The problem => Among the lines below, keep only those from the one containing "judged-Keeps c (negsuc" through the one containing "(Left-trans c.connset c2.connset", and reproduce them exactly.

Data =>
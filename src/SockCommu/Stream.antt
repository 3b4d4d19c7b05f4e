-- ===== src/SockCommu/Stream.antt =====
-- The bytes that the loop of CTSockCommu::poll (sockcommu.cpp) reads: each is skipped out of the cache,
-- in order, or still there.
use spp_server_frame_work.Base.{
  ℕ, zero, suc, ◌≡◌, inl, inr, refl, sym, ap, ap₂, ◌∙◌, subst, true, false, List, [], ◌∷◌, ◌++◌,
  if◌then◌else◌, take, drop, take-append-drop, append_assoc, append-nil, Bool-cases, if-cases,
}
use mathlib.Core.Bool.{true≢false}
use spp_server_frame_work.ConnSet.{
  ConnSet, Result, not_findfd, need_close, again, need_send, done, is_ok, e_again, getcc, is_conn,
  recv,
}
use spp_server_frame_work.ConnSet.Input.{
  input, Left, Left-trans, is_conn-set_cc, input-set_cc, closeconn-Left, recv-Gets, recv-no_conn,
}
use spp_server_frame_work.SockCommu.State.{
  ℤ, pos, negsuc, Callback, cb_disconnect, cb_recvdata, cb_recvdone, SockCommu, FuncList, no_data,
  call, closeconn, conn_info,
}
use spp_server_frame_work.SockCommu.Accept.{Received}
use spp_server_frame_work.SockCommu.Receive.{
  Round, judged, recv_data, answered, recv_round, recv_loop, skip, cache_blob,
}
use spp_server_frame_work.SockCommu.Expire.{closeconn-connset}

-- The bytes of an answer.
abbrev pub piece : Received → List ℕ
piece x = if is_ok x.answer then x.bytes else []

abbrev pub pieces : List Received → List ℕ
pieces [] = []
pieces (x ∷ xs) = piece x ++ pieces xs

module _ (flow : ℕ) where
  -- Of the bytes `before`, some are gone, some are in the cache, and the others are lost, which are none
  -- if the connection is still there.
  abbrev Keeps : ConnSet → List ℕ → ConnSet → List ℕ → Type 0
  Keeps s before s' gone =
      (lost : List ℕ) × (gone ++ (input s' flow ++ lost) ≡ before)
      × (is_conn s' flow ≡ true → (is_conn s flow ≡ true) × (lost ≡ []))

  Left-Keeps : (s s' : ConnSet) → Left s s' flow → Keeps s (input s flow) s' []
  Left-Keeps s s' (inl (c, e)) = ([], append-nil (input s' flow) ∙ e, λ h. (sym c ∙ h, refl))
  Left-Keeps s s' (inr (c, e)) =
      (input s flow, ap (λ l. l ++ input s flow) e, λ h. absurd (true≢false (sym h ∙ c)))

  Keeps-then :
      (s s1 s2 : ConnSet) (before gone : List ℕ)
      → Keeps s before s1 []
      → Keeps s1 (input s1 flow) s2 gone
      → Keeps s before s2 gone
  Keeps-then s s1 s2 before gone (lost1, e1, k1) (lost2, e2, k2) = (
    lost2 ++ lost1,
    ap (λ l. gone ++ l) (sym (append_assoc (input s2 flow) lost2 lost1))
        ∙ sym (append_assoc gone (input s2 flow ++ lost2) lost1)
        ∙ ap (λ l. l ++ lost1) e2
        ∙ e1,
    λ h.
        let (conn1, none2) = k2 h in
        let (conn, none1) = k1 conn1 in (conn, ap (λ l. l ++ lost1) none2 ∙ none1),
  )

  -- A callback that leaves the input of the flow, or closes its connection.
  abbrev pub LeavesInput : FuncList → Callback → Type 0
  LeavesInput funcs cb = (c : SockCommu) → Left c.connset (funcs.func cb flow c).0.connset flow

  call-Left :
      (funcs : FuncList) (cb : Callback) (prepared c : SockCommu)
      → LeavesInput funcs cb
      → prepared.connset ≡ c.connset
      → Left c.connset (call funcs cb flow prepared c).0.connset flow
  unfolding call
  call-Left funcs cb prepared c leaves e = elim (Bool-cases (funcs.registered cb)) [
    | inl yes_cb ↦
        rw yes_cb
          (subst (λ s. Left s (funcs.func cb flow prepared).0.connset flow) e (leaves prepared))
    | inr no_cb ↦ rw no_cb (inl (refl, refl))
  ]

  closed-Left : (c : SockCommu) → Left c.connset (closeconn flow c).connset flow
  closed-Left c =
      subst (λ s. Left c.connset s flow) (sym (closeconn-connset flow c))
        (closeconn-Left c.connset flow)

  skip-Keeps :
      (n : ℕ) (c : SockCommu)
      → Keeps c.connset
          (input c.connset flow)
          (skip flow n c).connset
          (take n (input c.connset flow))
  unfolding skip
  skip-Keeps n c =
      let cc = getcc c.connset flow in
      let cc' = record cc { r = drop n cc.r } in
      (
        [],
        ap (λ l. take n cc.r ++ l) (append-nil _ ∙ input-set_cc c.connset flow cc')
            ∙ take-append-drop n cc.r,
        λ h. (sym (is_conn-set_cc c.connset flow cc' refl) ∙ h, refl),
      )

  module _ (funcs : FuncList) (data_cb : LeavesInput funcs cb_recvdata)
      (done_cb : LeavesInput funcs cb_recvdone) (close_cb : LeavesInput funcs cb_disconnect) where
    judged-Keeps :
        (c : SockCommu) (ret : ℤ)
        → (let (c', goes_on, gone) = judged funcs flow c ret in
            Keeps c.connset (input c.connset flow) c'.connset gone)
    unfolding judged
    judged-Keeps c (pos zero) = Left-Keeps c.connset c.connset (inl (refl, refl))
    judged-Keeps c (pos (suc n)) =
        let c1 = record c { buff_blob = record c.buff_blob { len = suc n } } in
        let c2 = (call funcs cb_recvdone flow c1 c1).0 in
        let called = call-Left funcs cb_recvdone c1 c1 done_cb refl in
        Keeps-then c.connset c2.connset (skip flow (suc n) c2).connset (input c.connset flow) _
          (Left-Keeps c.connset c2.connset called) (skip-Keeps (suc n) c2)
    judged-Keeps c (negsuc n) = Left-Keeps c.connset (closeconn flow c).connset (closed-Left c)

    recv_data-Keeps :
        (fd : ℕ) (x : Received) (c : SockCommu)
        → (let (c', goes_on, gone) = recv_data funcs flow fd x c in
            Keeps c.connset (input c.connset flow) c'.connset gone)
    unfolding recv_data conn_info
    recv_data-Keeps fd x c =
        let cc = getcc c.connset flow in
        let c1 = cache_blob cc.r (conn_info fd cc.type x.peer c) in
        let (c2, ret) = funcs.func cb_recvdata flow c1 in
        Keeps-then c.connset c2.connset (judged funcs flow c2 ret).0.connset (input c.connset flow)
          _ (Left-Keeps c.connset c2.connset (data_cb c1)) (judged-Keeps c2 ret)

    answered-Keeps :
        (fd : ℕ) (x : Received) (c : SockCommu) (ret : Result)
        → (let (c', goes_on, gone) = answered funcs flow fd x c ret in
            Keeps c.connset (input c.connset flow) c'.connset gone)
    unfolding answered
    answered-Keeps fd x c (done n) = recv_data-Keeps fd x c
    answered-Keeps fd x c need_close =
        let c1 = record c { buff_blob = no_data } in
        let c2 = (call funcs cb_disconnect flow c1 c).0 in
        let called = call-Left funcs cb_disconnect c1 c close_cb refl in
        Left-Keeps c.connset (closeconn flow c2).connset
          (Left-trans c.connset c2.connset (closeconn flow c2).connset flow called (closed-Left c2))
    answered-Keeps fd x c not_findfd = Left-Keeps c.connset c.connset (inl (refl, refl))
    answered-Keeps fd x c again = Left-Keeps c.connset c.connset (inl (refl, refl))
    answered-Keeps fd x c need_send = Left-Keeps c.connset c.connset (inl (refl, refl))

    -- Without a connection nothing is read.
    recv_round-no_conn :
        (fd : ℕ) (x : Received) (c : SockCommu)
        → is_conn c.connset flow ≡ false
        → recv_round funcs flow fd x c ≡ (c, false, [])
    unfolding recv_round answered
    recv_round-no_conn fd x c h =
        ap (λ (p : ConnSet × Result). answered funcs flow fd x (record c { connset = p.0 }) p.1)
          (recv-no_conn c.connset flow x.now x.answer x.bytes x.sender h)

    recv_round-Keeps :
        (fd : ℕ) (x : Received) (c : SockCommu)
        → (let (c', goes_on, gone) = recv_round funcs flow fd x c in
            Keeps c.connset (input c.connset flow ++ piece x) c'.connset gone)
    unfolding recv_round answered
    recv_round-Keeps fd x c =
        let s = c.connset in
        let (s', ret) = recv s flow x.now x.answer x.bytes x.sender in
        let c1 = record c { connset = s' } in
        elim (Bool-cases (is_conn s flow)) [
          | inr no_conn ↦
              subst (λ (r : Round). Keeps s (input s flow ++ piece x) r.0.connset r.2)
                (sym (recv_round-no_conn fd x c no_conn))
                (piece x, refl, λ h. absurd (true≢false (sym h ∙ no_conn)))
          | inl conn ↦
              (let (same, got) = recv-Gets s flow x.now x.answer x.bytes x.sender conn in
                Keeps-then s s' (answered funcs flow fd x c1 ret).0.connset
                  (input s flow ++ piece x) (answered funcs flow fd x c1 ret).2
                  ([], append-nil (input s' flow) ∙ got, λ h. (conn, refl))
                  (answered-Keeps fd x c1 ret))
        ]

    recv_loop-no_conn :
        (fd : ℕ) (dry : Received) (xs : List Received) (c : SockCommu)
        → is_conn c.connset flow ≡ false
        → (let (c', gone, unread) = recv_loop funcs flow fd dry xs c in (c' ≡ c) × (gone ≡ []))
    unfolding recv_loop
    recv_loop-no_conn fd dry [] c h =
        rw (recv_round-no_conn fd (record dry { answer = e_again }) c h) (refl, refl)
    recv_loop-no_conn fd dry (x ∷ xs) c h = rw (recv_round-no_conn fd x c h, recv_loop) (refl, refl)

    -- The bytes of a connection after some answers: those that were skipped, those in the cache and a
    -- rest, which is what has not been asked for if the connection is still there.
    abbrev pub Accounts : List ℕ → SockCommu → List ℕ → List Received → Type 0
    Accounts before c' gone unread =
        (rest : List ℕ) × (gone ++ (input c'.connset flow ++ rest) ≡ before)
        × (is_conn c'.connset flow ≡ true → rest ≡ pieces unread)

    ends-Accounts :
        (c c1 : SockCommu) (before gone : List ℕ) (xs : List Received)
        → Keeps c.connset before c1.connset gone
        → Accounts (before ++ pieces xs) c1 gone xs
    ends-Accounts c c1 before gone xs (lost, e, k) = (
      lost ++ pieces xs,
      ap (λ l. gone ++ l) (sym (append_assoc (input c1.connset flow) lost (pieces xs)))
          ∙ sym (append_assoc gone (input c1.connset flow ++ lost) (pieces xs))
          ∙ ap (λ l. l ++ pieces xs) e,
      λ h. ap (λ l. l ++ pieces xs) (k h).1,
    )

    -- One round and the rounds after it.
    goes_on-Accounts :
        (c c1 c2 : SockCommu) (before gone gone' : List ℕ) (xs unread : List Received)
        → is_conn c1.connset flow ≡ true
        → Keeps c.connset before c1.connset gone
        → Accounts (input c1.connset flow ++ pieces xs) c2 gone' unread
        → Accounts (before ++ pieces xs) c2 (gone ++ gone') unread
    goes_on-Accounts c c1 c2 before gone gone' xs unread conn (lost, e, k) (rest, e', k') =
        let i1 = input c1.connset flow in
        let all : gone ++ i1 ≡ before =
          ap (λ l. gone ++ l) (sym (append-nil i1) ∙ ap (λ l. i1 ++ l) (sym (k conn).1)) ∙ e in
        (
          rest,
          append_assoc gone gone' (input c2.connset flow ++ rest)
              ∙ ap (λ l. gone ++ l) e'
              ∙ sym (append_assoc gone i1 (pieces xs))
              ∙ ap (λ l. l ++ pieces xs) all,
          k',
        )

    -- With callbacks that leave the input of the flow or close its connection: the bytes that the loop
    -- has skipped, those that are then in the cache and a rest are, in order, those of the cache and of
    -- the socket's answers; if the connection is still there, the rest is what the loop has not read.
    pub recv_loop-Accounts :
        (fd : ℕ) (dry : Received) (xs : List Received) (c : SockCommu)
        → (let (c', gone, unread) = recv_loop funcs flow fd dry xs c in
            Accounts (input c.connset flow ++ pieces xs) c' gone unread)
    unfolding recv_loop is_ok
    recv_loop-Accounts fd dry [] c =
        let (lost, e, k) = recv_round-Keeps fd (record dry { answer = e_again }) c in
        (lost, e, λ h. (k h).1)
    recv_loop-Accounts fd dry (x ∷ xs) c =
        let (c1, goes_on, gone) = recv_round funcs flow fd x c in
        let (c2, gone', unread) = recv_loop funcs flow fd dry xs c1 in
        let kept = recv_round-Keeps fd x c in
        let before = input c.connset flow ++ piece x in
        let P =
          λ (t : SockCommu × List ℕ × List Received). Accounts (before ++ pieces xs) t.0 t.1 t.2 in
        let stopped : P (c1, gone, xs) = ends-Accounts c c1 before gone xs kept in
        let ended : SockCommu × List ℕ × List Received =
          if goes_on then (c2, gone ++ gone', unread) else (c1, gone, xs) in
        subst (λ b. Accounts b ended.0 ended.1 ended.2)
          (append_assoc (input c.connset flow) (piece x) (pieces xs))
          (if-cases P goes_on (c2, gone ++ gone', unread) (c1, gone, xs)
            (λ _. elim (Bool-cases (is_conn c1.connset flow)) [
              | inl conn ↦
                  goes_on-Accounts c c1 c2 before gone gone' xs unread conn kept
                    (recv_loop-Accounts fd dry xs c1)
              | inr no_conn ↦
                  (let (same, none) = recv_loop-no_conn fd dry xs c1 no_conn in
                    let (rest, e, k) = stopped in
                    (
                      rest,
                      ap₂ (λ g (d : SockCommu). g ++ (input d.connset flow ++ rest))
                            (ap (λ g. gone ++ g) none ∙ append-nil gone) same
                          ∙ e,
                      λ h. absurd (
                          true≢false (
                            sym h ∙ ap (λ (d : SockCommu). is_conn d.connset flow) same ∙ no_conn)),
                    ))
            ])
            (λ _. stopped))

Written answer =>
    judged-Keeps c (negsuc n) = Left-Keeps c.connset (closeconn flow c).connset (closed-Left c)

    recv_data-Keeps :
        (fd : ℕ) (x : Received) (c : SockCommu)
        → (let (c', goes_on, gone) = recv_data funcs flow fd x c in
            Keeps c.connset (input c.connset flow) c'.connset gone)
    unfolding recv_data conn_info
    recv_data-Keeps fd x c =
        let cc = getcc c.connset flow in
        let c1 = cache_blob cc.r (conn_info fd cc.type x.peer c) in
        let (c2, ret) = funcs.func cb_recvdata flow c1 in
        Keeps-then c.connset c2.connset (judged funcs flow c2 ret).0.connset (input c.connset flow)
          _ (Left-Keeps c.connset c2.connset (data_cb c1)) (judged-Keeps c2 ret)

    answered-Keeps :
        (fd : ℕ) (x : Received) (c : SockCommu) (ret : Result)
        → (let (c', goes_on, gone) = answered funcs flow fd x c ret in
            Keeps c.connset (input c.connset flow) c'.connset gone)
    unfolding answered
    answered-Keeps fd x c (done n) = recv_data-Keeps fd x c
    answered-Keeps fd x c need_close =
        let c1 = record c { buff_blob = no_data } in
        let c2 = (call funcs cb_disconnect flow c1 c).0 in
        let called = call-Left funcs cb_disconnect c1 c close_cb refl in
        Left-Keeps c.connset (closeconn flow c2).connset
          (Left-trans c.connset c2.connset (closeconn flow c2).connset flow called (closed-Left c2))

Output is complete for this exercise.